Le gouvernement autrichien a confirmé lundi l'expulsion de trois employés de l'ambassade de Russie, soupçonnés d'espionnage. La ministre des Affaires étrangères Beate Meinl-Reisinger a promis un « changement de cap » face à ce « problème de sécurité ». Selon le groupe audiovisuel public ORF, les installations russes à Vienne pourraient servir à espionner les organisations internationales présentes en Autriche, comme l'ONU, l'OPEP ou l'OSCE. « En ce qui concerne la forêt d'antennes à la représentation russe, il est inacceptable que l'immunité diplomatique soit utilisée pour mener des activités d'espionnage », a déclaré la ministre. Vienne est régulièrement décrite comme un nid d'espions russes, avec environ 220 employés accrédités à l'ambassade de Russie, dans un cadre législatif jugé laxiste.

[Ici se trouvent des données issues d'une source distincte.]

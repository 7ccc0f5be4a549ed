-- ===== src/Presentation/Tests.antt =====
-- A presentation with lower-case colors.
use mqtt_trust_gateway.Base.{◌≡◌, refl, true, false, some, codes, ok, err, List, ℕ, dec_text}
use mqtt_trust_gateway.Presentation.{
  missing, given, hour, Palette, Presentation, GivenPalette, GivenPresentation, preset_names,
  is_color, normalize_color, normalize_palette, normalize_unit, normalize_choice, normalize_flag,
  normalize_preset, normalize_oled, normalize_presentation,
}
use mqtt_trust_gateway.Presentation.Normalized.{sent_again, normalize_presentation-sent_again}

abbrev plain : List ℕ → GivenPalette
plain c = record {
  primary = some c;
  background = some c;
  surface = some c;
  received = some c;
  sent = some c;
}

abbrev chosen : GivenPresentation
chosen = record {
  preset = given "nord";
  oled = missing;
  charts = record {
    unit = given hour;
    days = some 3;
    refresh_seconds = some 30;
    show_failures = some true;
  };
  light = plain (codes "#abcdef");
  dark = plain (codes "#00ff99");
}

abbrev upper : List ℕ → Palette
upper c = record { primary = c; background = c; surface = c; received = c; sent = c }

abbrev kept : Presentation
kept = record {
  preset = "nord";
  oled = false;
  charts = record { unit = hour; days = 3; refresh_seconds = 30; show_failures = true };
  light = upper (codes "#ABCDEF");
  dark = upper (codes "#00FF99");
}

is_accepted : normalize_presentation (given chosen) ≡ ok kept
unfolding normalize_presentation normalize_unit normalize_flag normalize_oled normalize_choice
    normalize_preset preset_names normalize_palette normalize_color is_color dec_text
is_accepted = refl

short_color : normalize_color (some (codes "#fff")) ≡ err 500 "Colors must use #RRGGBB format"
unfolding normalize_color is_color
short_color = refl

normalize_presentation-sent_again_example :
    normalize_presentation (given (sent_again kept)) ≡ ok kept
normalize_presentation-sent_again_example =
    normalize_presentation-sent_again (given chosen) kept is_accepted
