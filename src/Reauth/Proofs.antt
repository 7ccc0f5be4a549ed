-- ===== src/Reauth/Proofs.antt =====
-- What a fresh authentication that passes has shown, and that neither a code nor a challenge serves
-- twice.
use mqtt_trust_gateway.Base.{
  ℕ, ◌+◌, ◌<◌, ◌≤◌, String, ◌≡◌, subst, ap, Bool, true, false, ◌&&◌, not, Option, none, some, List,
  [], ◌∷◌, lookup, lookup-erase, Option-cases, inl, inr, arith,
}
use mqtt_trust_gateway.Db.{User, Totp, Challenge, Credential}
use mqtt_trust_gateway.Reauth.{
  Checks, Delta, password, passkey, step_of, verify_totp, has_totp, password_ok, passkey_answer,
  find_user_credential, verify_reauthentication,
}

-- the lowest step that is still free
abbrev pub next_step : Option ℕ → ℕ
next_step none = 0
next_step (some last) = last + 1

verify_totp_ok :
    (k : Checks) (t t' : Totp) (code : String) (now : ℕ)
    → verify_totp k t code now ≡ some t'
    → (delta : Delta) × (k.validate t.encrypted code now ≡ some delta)
      × (t' ≡ record t { last_step = some (step_of now delta) })
      × (next_step t.last_step ≤ step_of now delta)
unfolding verify_totp
verify_totp_ok k t t' code now h = elim (Option-cases (k.validate t.encrypted code now)) [
  | inl wrong ↦ absurd (ground (arith, wrong, h))
  | inr (delta, right) ↦ (delta, right, ground (arith, right, h), ground (arith, right, h))
]

-- A series of codes for one record, each with its time: the record that is left, and the steps of the
-- codes that were accepted.
abbrev pub after_code : Option Totp → Totp → Totp
after_code none t = t
after_code (some t') t = t'

abbrev pub step_accepted : Option Totp → List ℕ → List ℕ
step_accepted none rest = rest
step_accepted (some t) rest = elim t.last_step [ none ↦ rest | some step ↦ step ∷ rest ]

abbrev pub accepted : Checks → List (ℕ × String) → Totp → List ℕ
accepted k [] t = []
accepted k ((now, code) ∷ cs) t =
    let r = verify_totp k t code now in step_accepted r (accepted k cs (after_code r t))

-- Every step is above the ones before it, and at least `low`.
abbrev pub Rising : ℕ → List ℕ → Type 0
Rising low [] = Unit
Rising low (s ∷ ss) = (low ≤ s) × Rising (s + 1) ss

-- Whatever codes are tried, at whatever times, the steps of the accepted ones rise strictly from the
-- last step of the record: no code is accepted twice in one step, and none of an earlier step.
pub accepted-Rising :
    (k : Checks) (cs : List (ℕ × String)) (t : Totp)
    → Rising (next_step t.last_step) (accepted k cs t)
accepted-Rising k [] t = tt
accepted-Rising k ((now, code) ∷ cs) t = elim (Option-cases (verify_totp k t code now)) [
  | inl refused ↦ rw refused (accepted-Rising k cs t)
  | inr (t', e) ↦
      let (delta, _, is_moved, free) = verify_totp_ok k t t' code now e in
      let step = step_of now delta in
      let last : t'.last_step ≡ some step = ap (λ (r : Totp). r.last_step) is_moved in
      let rest : Rising (step + 1) (accepted k cs t') =
        subst (λ (o : Option ℕ). Rising (next_step o) (accepted k cs t')) last
          (accepted-Rising k cs t') in
      rw (e, last) (free, rest)
]

module _ (k : Checks) (now : ℕ) (require_totp : Bool) (key : String) (u : User)
    (cs : List (String × Challenge)) where
  -- A password that passes is the user's, and where a code is required the user has one set up.
  pub password_passed :
      (given code : String)
      → (verify_reauthentication k now require_totp key (password given code) u cs).passed ≡ true
      → (password_ok k u given ≡ true) × ((require_totp && not (has_totp u)) ≡ false)
  unfolding verify_reauthentication
  password_passed given code h = ground (arith, h)

  -- With a password, a user who has set up codes passes only with a code that is valid for the secret
  -- now, one step earlier or one step later, at a step above the last one used; the record then differs
  -- in having that step as its last one.
  pub password_passed-totp :
      (given code : String) (t : Totp)
      → (verify_reauthentication k now require_totp key (password given code) u cs).passed ≡ true
      → u.totp ≡ some t
      → (password_ok k u given ≡ true)
        × (delta : Delta) × (k.validate t.encrypted code now ≡ some delta)
        × (next_step t.last_step ≤ step_of now delta)
        × ((verify_reauthentication k now require_totp key (password given code) u cs).user.totp
            ≡ some (record t { last_step = some (step_of now delta) }))
  unfolding verify_reauthentication
  password_passed-totp given code t h e = elim (Option-cases (verify_totp k t code now)) [
    | inl refused ↦ absurd (ground (arith, e, refused, h))
    | inr (t', right) ↦
        let (delta, valid, is_moved, free) = verify_totp_ok k t t' code now right in
        (ground (arith, h), delta, valid, free, ground (arith, e, right, h, is_moved))
  ]

  -- A passkey's answer passes only if a challenge waits under the key of the operation and has not
  -- expired, one of the user's passkeys has the identifier, and the answer to that challenge is right.
  pub passkey_passed :
      (id response : String)
      → (verify_reauthentication k now require_totp key (passkey id response) u cs).passed ≡ true
      → (challenge : Challenge) × (c : Credential) × (counter : ℕ) × (lookup key cs
          ≡ some challenge)
        × (now < challenge.expires_at)
        × (find_user_credential k.decode u id ≡ some c)
        × (k.passkey challenge.challenge c response ≡ some counter)
  unfolding verify_reauthentication passkey_answer
  passkey_passed id response h = elim (Option-cases (lookup key cs)) [
    | inl missing ↦ absurd (ground (arith, missing, h))
    | inr (challenge, waits) ↦ elim (Option-cases (find_user_credential k.decode u id)) [
      | inl unknown ↦ absurd (ground (arith, waits, unknown, h))
      | inr (c, known) ↦ elim (Option-cases (k.passkey challenge.challenge c response)) [
        | inl wrong ↦ absurd (ground (arith, waits, known, wrong, h))
        | inr (counter, right) ↦
            (challenge, c, counter, waits, ground (arith, waits, known, right, h), known, right)
      ]
    ]
  ]

  -- A passkey's answer uses the challenge up, whether it passes or not: a second answer under the same
  -- key fails, whoever gives it and whenever.
  pub passkey_once :
      (later : ℕ) (other : User) (id response id' response' : String)
      → let left =
          (verify_reauthentication k now require_totp key (passkey id response) u cs).challenges in
        (lookup key left ≡ none)
        × ((verify_reauthentication k later require_totp key
              (passkey id' response')
              other
              left).passed
            ≡ false)
  unfolding verify_reauthentication passkey_answer
  passkey_once later other id response id' response' = ground (arith, lookup-erase key key cs)
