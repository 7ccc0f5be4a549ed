-- ===== src/Reauth/Tests.antt =====
-- The theorems on fresh authentication at one account, with checks that accept one answer.
use mqtt_trust_gateway.Base.{
  ℕ, ◌≤◌, ◌<◌, String, true, false, ◌≡◌, refl, none, some, List, [], ◌∷◌, ◌===◌, if◌then◌else◌,
  lookup, dec_text,
}
use mqtt_trust_gateway.Db.{User, Totp, Challenge, Credential}
use mqtt_trust_gateway.Reauth.{
  Checks, same, password, passkey, verify_totp, find_user_credential, passkey_answer, Delta,
  step_of, password_ok, user_credentials, credential_id_candidates, looks_like_credential_id,
  verify_reauthentication,
}
use mqtt_trust_gateway.Reauth.Proofs.{
  accepted, Rising, accepted-Rising, password_passed-totp, passkey_passed, passkey_once,
}

abbrev checks : Checks
checks = record {
  validate = λ sealed code now. if code === "123456" then some same else none;
  argon2 = λ hash given. given === "secret";
  passkey = λ challenge c response. if response === challenge then some 5 else none;
  decode = λ s. s;
}

abbrev codes_record : Totp
codes_record = record { encrypted = "E"; last_step = some 3 }

abbrev key_id : String
key_id = "abcdefghijklmnop"

abbrev credential : Credential
credential = record { id = key_id; public_key = "PK"; counter = 4; name = "Key"; created_at = 0 }

abbrev account : User
account = record {
  id = "ana";
  username = "ana";
  password_hash = some "H";
  credentials = credential ∷ [];
  legacy_credential = none;
  totp = some codes_record;
  pending_totp = none;
  sensitive_preferences = none;
  created_at = 0;
}

abbrev waiting : Challenge
waiting = record { challenge = "C"; expires_at = 200_000 }

abbrev challenges : List (String × Challenge)
challenges = ("K", waiting) ∷ []

abbrev tries : List (ℕ × String)
tries = (150_000, "123456") ∷ (155_000, "123456") ∷ (180_000, "123456") ∷ []

accepted-Rising_example : Rising 4 (accepted checks tries codes_record)
accepted-Rising_example = accepted-Rising checks tries codes_record

password_passes :
    (verify_reauthentication checks 150_000 true "K"
      (password "secret" "123456")
      account
      challenges).passed
    ≡ true
unfolding verify_reauthentication verify_totp dec_text
password_passes = refl

password_passed-totp_example :
    (password_ok checks account "secret" ≡ true)
    × (delta : Delta) × (checks.validate "E" "123456" 150_000 ≡ some delta)
    × (4 ≤ step_of 150_000 delta)
    × ((verify_reauthentication checks 150_000 true "K"
          (password "secret" "123456")
          account
          challenges).user.totp
        ≡ some (record codes_record { last_step = some (step_of 150_000 delta) }))
password_passed-totp_example =
    password_passed-totp checks 150_000 true "K" account challenges "secret" "123456" codes_record
      password_passes refl

passkey_passes :
    (verify_reauthentication checks 150_000 true "K" (passkey key_id "C") account challenges).passed
    ≡ true
unfolding verify_reauthentication passkey_answer find_user_credential user_credentials
    credential_id_candidates looks_like_credential_id lookup dec_text
passkey_passes = refl

passkey_passed_example :
    (challenge : Challenge) × (c : Credential) × (counter : ℕ) × (lookup "K" challenges
      ≡ some challenge)
    × (150_000 < challenge.expires_at)
    × (find_user_credential checks.decode account key_id ≡ some c)
    × (checks.passkey challenge.challenge c "C" ≡ some counter)
passkey_passed_example =
    passkey_passed checks 150_000 true "K" account challenges key_id "C" passkey_passes

passkey_once_example :
    (lookup "K"
        (verify_reauthentication checks 150_000 true "K"
          (passkey key_id "C")
          account
          challenges).challenges
      ≡ none)
    × ((verify_reauthentication checks 160_000 true "K"
          (passkey key_id "C")
          account
          (verify_reauthentication checks 150_000 true "K"
            (passkey key_id "C")
            account
            challenges).challenges).passed
        ≡ false)
passkey_once_example =
    passkey_once checks 150_000 true "K" account challenges 160_000 account key_id "C" key_id "C"
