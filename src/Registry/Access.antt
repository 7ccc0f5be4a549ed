-- ===== src/Registry/Access.antt =====
-- Which devices have access: `enabled`, and what it takes to be in the access list.
use mqtt_trust_gateway.Base.{
  ℕ, String, ◌≡◌, refl, Bool, true, false, ◌&&◌, some, List, [], ◌∷◌, ◌++◌, ◌===◌, any, modify,
  filter, find?, arith,
}
use mqtt_trust_gateway.Db.{Db, Device}
use mqtt_trust_gateway.Broker.{is_authorized, authorized_devices}
use mqtt_trust_gateway.Registry.{device_record, remove_first}
use mqtt_trust_gateway.Registry.Invariant.{has_id}

abbrev pub enabled_in : String → List Device → Bool
enabled_in k ds = any (λ (d : Device). (d.id === k) && d.enabled) ds

-- A device without access gets no entry in the access list, at any time.
pub authorized-enabled :
    (now : ℕ) (k : String) (db : Db)
    → enabled_in k db.devices ≡ false
    → has_id k (authorized_devices now db) ≡ false
unfolding authorized_devices is_authorized
authorized-enabled now k db = go db.devices
  where
    go :
        (ds : List Device)
        → enabled_in k ds ≡ false
        → has_id k (filter (is_authorized now db) ds) ≡ false
    go [] h = refl
    go (d ∷ ds) h = ground (arith, go ds)

pub found_disabled :
    (k : String) (db : Db) (d : Device)
    → enabled_in k db.devices ≡ false
    → device_record db k ≡ some d
    → d.enabled ≡ false
found_disabled k db d = go db.devices
  where
    go :
        (ds : List Device)
        → enabled_in k ds ≡ false
        → find? (λ (e : Device). e.id === k) ds ≡ some d
        → d.enabled ≡ false
    go [] h e = ground arith
    go (e' ∷ ds) h e = ground (arith, go ds)

-- What a change to one device does to the access of any.
pub enabled_in-update :
    (id k : String) (d' : Device) (ds : List Device)
    → d'.id ≡ id
    → enabled_in k ds ≡ false
    → (enabled_in k (modify (λ (d : Device). d.id === id) (λ _. d') ds) ≡ true)
    → (id ≡ k) × (d'.enabled ≡ true)
enabled_in-update id k d' [] same h e = absurd (ground arith)
enabled_in-update id k d' (d ∷ ds) same h e = ground (arith, enabled_in-update id k d' ds same)

pub enabled_in-modify :
    (id k : String) (f : Device → Device) (ds : List Device)
    → ((d : Device) → ((f d).id ≡ d.id) × ((f d).enabled ≡ false))
    → enabled_in k ds ≡ false
    → enabled_in k (modify (λ (d : Device). d.id === id) f ds) ≡ false
enabled_in-modify id k f [] low h = refl
enabled_in-modify id k f (d ∷ ds) low h = ground (arith, enabled_in-modify id k f ds low, low d)

pub enabled_in-append :
    (k : String) (d : Device) (ds : List Device)
    → d.enabled ≡ false
    → enabled_in k ds ≡ false
    → enabled_in k (ds ++ d ∷ []) ≡ false
enabled_in-append k d [] off h = ground arith
enabled_in-append k d (e ∷ ds) off h = ground (arith, enabled_in-append k d ds off)

pub enabled_in-remove_first :
    (k : String) (p : Device → Bool) (ds : List Device)
    → enabled_in k ds ≡ false
    → enabled_in k (remove_first p ds) ≡ false
enabled_in-remove_first k p [] h = refl
enabled_in-remove_first k p (d ∷ ds) h = ground (arith, enabled_in-remove_first k p ds)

Entre trêve et escalade, l'issue du conflit reste incertaine

Les annonces de cessez-le-feu des deux camps, bien que non coordonnées, créent une fenêtre de réduction des hostilités, mais les menaces et les frappes en cours montrent que la méfiance demeure totale. La proposition russe, assortie d'une menace de frappe sur Kiev, semble davantage un outil de propagande qu'une véritable offre de paix. Pendant ce temps, les pertes territoriales russes et les nouvelles initiatives diplomatiques et économiques (prêt européen, négociations britanniques) indiquent que le conflit entre dans une phase où les équilibres militaires et les soutiens internationaux évoluent. La cinquième année de guerre s'annonce décisive, mais aucune issue immédiate ne se profile.

À retenir

  • La Russie décrète une trêve unilatérale les 8 et 9 mai, mais menace Kiev de représailles massives en cas de perturbation des célébrations du 9 mai.
  • L'Ukraine annonce sa propre trêve du 5 au 6 mai, rejetant l'initiative russe comme non sérieuse et non officielle.
  • Les combats se poursuivent: une frappe russe à Merefa fait six morts et plus de trente blessés le jour même de l'annonce de la trêve.
  • La zone occupée par la Russie a diminué de 120 km² en avril, première baisse depuis l'été 2023, selon l'ISW.
  • Le Royaume-Uni négocie avec l'UE pour que ses entreprises d'armement bénéficient du prêt de 90 milliards d'euros à l'Ukraine.
  • L'Autriche expulse trois diplomates russes pour espionnage, dénonçant l'utilisation abusive de l'immunité diplomatique.